What to do. From the first line to the last, give the records again exactly.

Entries taken from a collection
= = = = = = =

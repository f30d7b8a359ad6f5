-- ===== src/Tainlog/Archive.antt =====
-- What flush_archive of srvctl/src/tainlog.c leaves in the directory.
use ngim.Base.{
  ℕ, zero, suc, ◌+◌, ◌-◌, ◌≤◌, ◌<◌, ◌≡◌, refl, sym, ◌∙◌, true, false, Option, some, List, [], ◌∷◌,
  not, ltb, ◌⊎◌, inl, inr, length, if◌then◌else◌, arith, In, if-ind,
}
use ngim.Tai.Order.{lex_less}
use ngim.Cmdline.{Str}
use ngim.Tainlog.Files.{Entry, Answers, unlink, is_log, find_oldest, flush_loop, flush_archive}
use ngim.Tainlog.Oldest.{
  logs, find_oldest-logs, find_oldest_least, find_oldest-IsLogOf, AreNamed, unlink-In, In-unlink,
  logs-unlink,
}

unlink_one :
    (es : List Entry)
    → AreNamed es
    → 0 < logs es
    → suc (logs (unlink (find_oldest es 0 []).1 es)) ≡ logs es
unlink_one es u h =
    let (f, (m, (l, n))) = find_oldest-IsLogOf es [] h in
    logs-unlink (find_oldest es 0 []).1 es f u m l n

-- What is left of the entries `es` where `keep` archived files may stay.
pub record Pruned (keep : ℕ) (es es' : List Entry) : Type 0 where
  pub count : logs es' ≡ (if ltb keep (logs es) then keep else logs es)
  pub kept : (e : Entry) → In e es' → In e es
  pub others : (e : Entry) → In e es → is_log e ≡ false → In e es'
  pub newest :
      (e : Entry)
      → In e es
      → In e es' ⊎ ((k : Entry) → In k es' → is_log k ≡ true → lex_less k.name e.name ≡ false)

-- A round that removes the oldest archived file, and the rounds that come after it.
Pruned-unlink :
    (keep : ℕ) (es es' : List Entry)
    → AreNamed es
    → keep < logs es
    → Pruned keep (unlink (find_oldest es 0 []).1 es) es'
    → Pruned keep es es'
Pruned-unlink keep es es' u h p =
    let o : Str = (find_oldest es 0 []).1 in
    let (f, (m, (l, n))) = find_oldest-IsLogOf es [] (omega arith) in
    let one_less : suc (logs (unlink o es)) ≡ logs es = unlink_one es u (omega arith) in
    let kept : (e : Entry) → In e es' → In e es = λ e k. unlink-In o es e (p.kept e k) in
    record {
      count = p.count ∙ ground arith;
      kept = kept;
      others = λ e k other. elim (In-unlink o es e k) [
        | inl k' ↦ p.others e k' other
        | inr q ↦
            let same : e ≡ f = u e f k m (q ∙ sym n) in
            let no : ⊥ = ground (arith, rw same at other) in absurd no
      ];
      newest = λ e k. elim (In-unlink o es e k) [
        | inl k' ↦ p.newest e k'
        | inr q ↦ inr (λ x mx lx. rw q (find_oldest_least es 0 [] x (kept x mx) lx))
      ];
    }

all_kept : (keep : ℕ) (es : List Entry) → logs es ≤ keep → Pruned keep es es
all_kept keep es h = record {
  count = ground arith;
  kept = λ e m. m;
  others = λ e m other. m;
  newest = λ e m. inl m;
}

unlink-AreNamed : (es : List Entry) → AreNamed es → AreNamed (unlink (find_oldest es 0 []).1 es)
unlink-AreNamed es u d e md me =
    let o : Str = (find_oldest es 0 []).1 in u d e (unlink-In o es d md) (unlink-In o es e me)

module _ (a : Answers) (opens : (i : ℕ) → a.can_open_dir i ≡ true)
    (removes : (i : ℕ) → a.can_remove i ≡ true) where
  abbrev IsPruned : ℕ → List Entry → Option (List Entry) → Type 0
  IsPruned keep es o = (es' : List Entry) × ((o ≡ some es') × Pruned keep es es')

  flush_loop-IsPruned :
      (fuel i keep : ℕ) (es : List Entry)
      → AreNamed es
      → logs es < fuel
      → IsPruned keep es (flush_loop a fuel i keep es)
  unfolding flush_loop
  flush_loop-IsPruned zero i keep es u h = absurd (omega arith)
  flush_loop-IsPruned (suc fuel) i keep es u h =
      let files : ℕ = (find_oldest es 0 []).0 in
      let count : files ≡ logs es = find_oldest-logs es 0 [] ∙ omega arith in
      let es1 : List Entry = unlink (find_oldest es 0 []).1 es in
      if-ind (IsPruned keep es) (not (a.can_open_dir i))
        (λ t. let no : ⊥ = ground (arith, opens i) in absurd no)
        (λ _.
          if-ind (IsPruned keep es) (not (ltb keep files))
            (λ few. (es, (refl, all_kept keep es (ground arith))))
            (λ many.
              let less : keep < logs es = ground arith in
              let one_less : suc (logs es1) ≡ logs es = unlink_one es u (omega arith) in
              if-ind (IsPruned keep es) (not (a.can_remove i))
                (λ t. let no : ⊥ = ground (arith, removes i) in absurd no)
                (λ _.
                  if-ind (IsPruned keep es) (ltb keep (files - 1))
                    (λ _.
                      let (es', (e, p)) =
                        flush_loop-IsPruned fuel (i + 1) keep es1 (unlink-AreNamed es u)
                          (omega arith) in
                      (es', (e, Pruned-unlink keep es es' u less p)))
                    (λ t. (
                      es1,
                      (refl, Pruned-unlink keep es es1 u less (all_kept keep es1 (ground arith))),
                    )))))

  logs_le : (es : List Entry) → logs es ≤ length es
  logs_le [] = omega arith
  logs_le (e ∷ es) = ground (arith, logs_le es)

  -- Where the entries of the directory have different names and it can be read and written,
  -- flush_archive comes to an end. At most `keep` archived files are left, and as many as there are
  -- otherwise; every entry that is no archived file stays; and no archived file that stays is older,
  -- by its name, than one that was removed.
  pub flush_archive-Pruned :
      (keep : ℕ) (es : List Entry)
      → AreNamed es
      → (es' : List Entry) × ((flush_archive a (some keep) es ≡ some es') × Pruned keep es es')
  unfolding flush_archive
  flush_archive-Pruned keep es u =
      flush_loop-IsPruned (suc (length es)) 0 keep es u (omega (arith, logs_le es))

= = = = = = =

Task solution.
repository f30d7b8a359ad6f5
-- ===== src/Tainlog/Archive.antt =====
-- What flush_archive of srvctl/src/tainlog.c leaves in the directory.
use ngim.Base.{
  ℕ, zero, suc, ◌+◌, ◌-◌, ◌≤◌, ◌<◌, ◌≡◌, refl, sym, ◌∙◌, true, false, Option, some, List, [], ◌∷◌,
  not, ltb, ◌⊎◌, inl, inr, length, if◌then◌else◌, arith, In, if-ind,
}
use ngim.Tai.Order.{lex_less}
use ngim.Cmdline.{Str}
use ngim.Tainlog.Files.{Entry, Answers, unlink, is_log, find_oldest, flush_loop, flush_archive}
use ngim.Tainlog.Oldest.{
  logs, find_oldest-logs, find_oldest_least, find_oldest-IsLogOf, AreNamed, unlink-In, In-unlink,
  logs-unlink,
}

unlink_one :
    (es : List Entry)
    → AreNamed es
    → 0 < logs es
    → suc (logs (unlink (find_oldest es 0 []).1 es)) ≡ logs es
unlink_one es u h =
    let (f, (m, (l, n))) = find_oldest-IsLogOf es [] h in
    logs-unlink (find_oldest es 0 []).1 es f u m l n

-- What is left of the entries `es` where `keep` archived files may stay.
pub record Pruned (keep : ℕ) (es es' : List Entry) : Type 0 where
  pub count : logs es' ≡ (if ltb keep (logs es) then keep else logs es)
  pub kept : (e : Entry) → In e es' → In e es
  pub others : (e : Entry) → In e es → is_log e ≡ false → In e es'
  pub newest :
      (e : Entry)
      → In e es
      → In e es' ⊎ ((k : Entry) → In k es' → is_log k ≡ true → lex_less k.name e.name ≡ false)

-- A round that removes the oldest archived file, and the rounds that come after it.
Pruned-unlink :
    (keep : ℕ) (es es' : List Entry)
    → AreNamed es
    → keep < logs es
    → Pruned keep (unlink (find_oldest es 0 []).1 es) es'
    → Pruned keep es es'
Pruned-unlink keep es es' u h p =
    let o : Str = (find_oldest es 0 []).1 in
    let (f, (m, (l, n))) = find_oldest-IsLogOf es [] (omega arith) in
    let one_less : suc (logs (unlink o es)) ≡ logs es = unlink_one es u (omega arith) in
    let kept : (e : Entry) → In e es' → In e es = λ e k. unlink-In o es e (p.kept e k) in
    record {
      count = p.count ∙ ground arith;
      kept = kept;
      others = λ e k other. elim (In-unlink o es e k) [
        | inl k' ↦ p.others e k' other
        | inr q ↦
            let same : e ≡ f = u e f k m (q ∙ sym n) in
            let no : ⊥ = ground (arith, rw same at other) in absurd no
      ];
      newest = λ e k. elim (In-unlink o es e k) [
        | inl k' ↦ p.newest e k'
        | inr q ↦ inr (λ x mx lx. rw q (find_oldest_least es 0 [] x (kept x mx) lx))
      ];
    }

all_kept : (keep : ℕ) (es : List Entry) → logs es ≤ keep → Pruned keep es es
all_kept keep es h = record {
  count = ground arith;
  kept = λ e m. m;
  others = λ e m other. m;
  newest = λ e m. inl m;
}

unlink-AreNamed : (es : List Entry) → AreNamed es → AreNamed (unlink (find_oldest es 0 []).1 es)
unlink-AreNamed es u d e md me =
    let o : Str = (find_oldest es 0 []).1 in u d e (unlink-In o es d md) (unlink-In o es e me)

module _ (a : Answers) (opens : (i : ℕ) → a.can_open_dir i ≡ true)
    (removes : (i : ℕ) → a.can_remove i ≡ true) where
  abbrev IsPruned : ℕ → List Entry → Option (List Entry) → Type 0
  IsPruned keep es o = (es' : List Entry) × ((o ≡ some es') × Pruned keep es es')

  flush_loop-IsPruned :
      (fuel i keep : ℕ) (es : List Entry)
      → AreNamed es
      → logs es < fuel
      → IsPruned keep es (flush_loop a fuel i keep es)
  unfolding flush_loop
  flush_loop-IsPruned zero i keep es u h = absurd (omega arith)
  flush_loop-IsPruned (suc fuel) i keep es u h =
      let files : ℕ = (find_oldest es 0 []).0 in
      let count : files ≡ logs es = find_oldest-logs es 0 [] ∙ omega arith in
      let es1 : List Entry = unlink (find_oldest es 0 []).1 es in
      if-ind (IsPruned keep es) (not (a.can_open_dir i))
        (λ t. let no : ⊥ = ground (arith, opens i) in absurd no)
        (λ _.
          if-ind (IsPruned keep es) (not (ltb keep files))
            (λ few. (es, (refl, all_kept keep es (ground arith))))
            (λ many.
              let less : keep < logs es = ground arith in
              let one_less : suc (logs es1) ≡ logs es = unlink_one es u (omega arith) in
              if-ind (IsPruned keep es) (not (a.can_remove i))
                (λ t. let no : ⊥ = ground (arith, removes i) in absurd no)
                (λ _.
                  if-ind (IsPruned keep es) (ltb keep (files - 1))
                    (λ _.
                      let (es', (e, p)) =
                        flush_loop-IsPruned fuel (i + 1) keep es1 (unlink-AreNamed es u)
                          (omega arith) in
                      (es', (e, Pruned-unlink keep es es' u less p)))
                    (λ t. (
                      es1,
                      (refl, Pruned-unlink keep es es1 u less (all_kept keep es1 (ground arith))),
                    )))))

  logs_le : (es : List Entry) → logs es ≤ length es
  logs_le [] = omega arith
  logs_le (e ∷ es) = ground (arith, logs_le es)

  -- Where the entries of the directory have different names and it can be read and written,
  -- flush_archive comes to an end. At most `keep` archived files are left, and as many as there are
  -- otherwise; every entry that is no archived file stays; and no archived file that stays is older,
  -- by its name, than one that was removed.
  pub flush_archive-Pruned :
      (keep : ℕ) (es : List Entry)
      → AreNamed es
      → (es' : List Entry) × ((flush_archive a (some keep) es ≡ some es') × Pruned keep es es')
  unfolding flush_archive
  flush_archive-Pruned keep es u =
      flush_loop-IsPruned (suc (length es)) 0 keep es u (omega (arith, logs_le es))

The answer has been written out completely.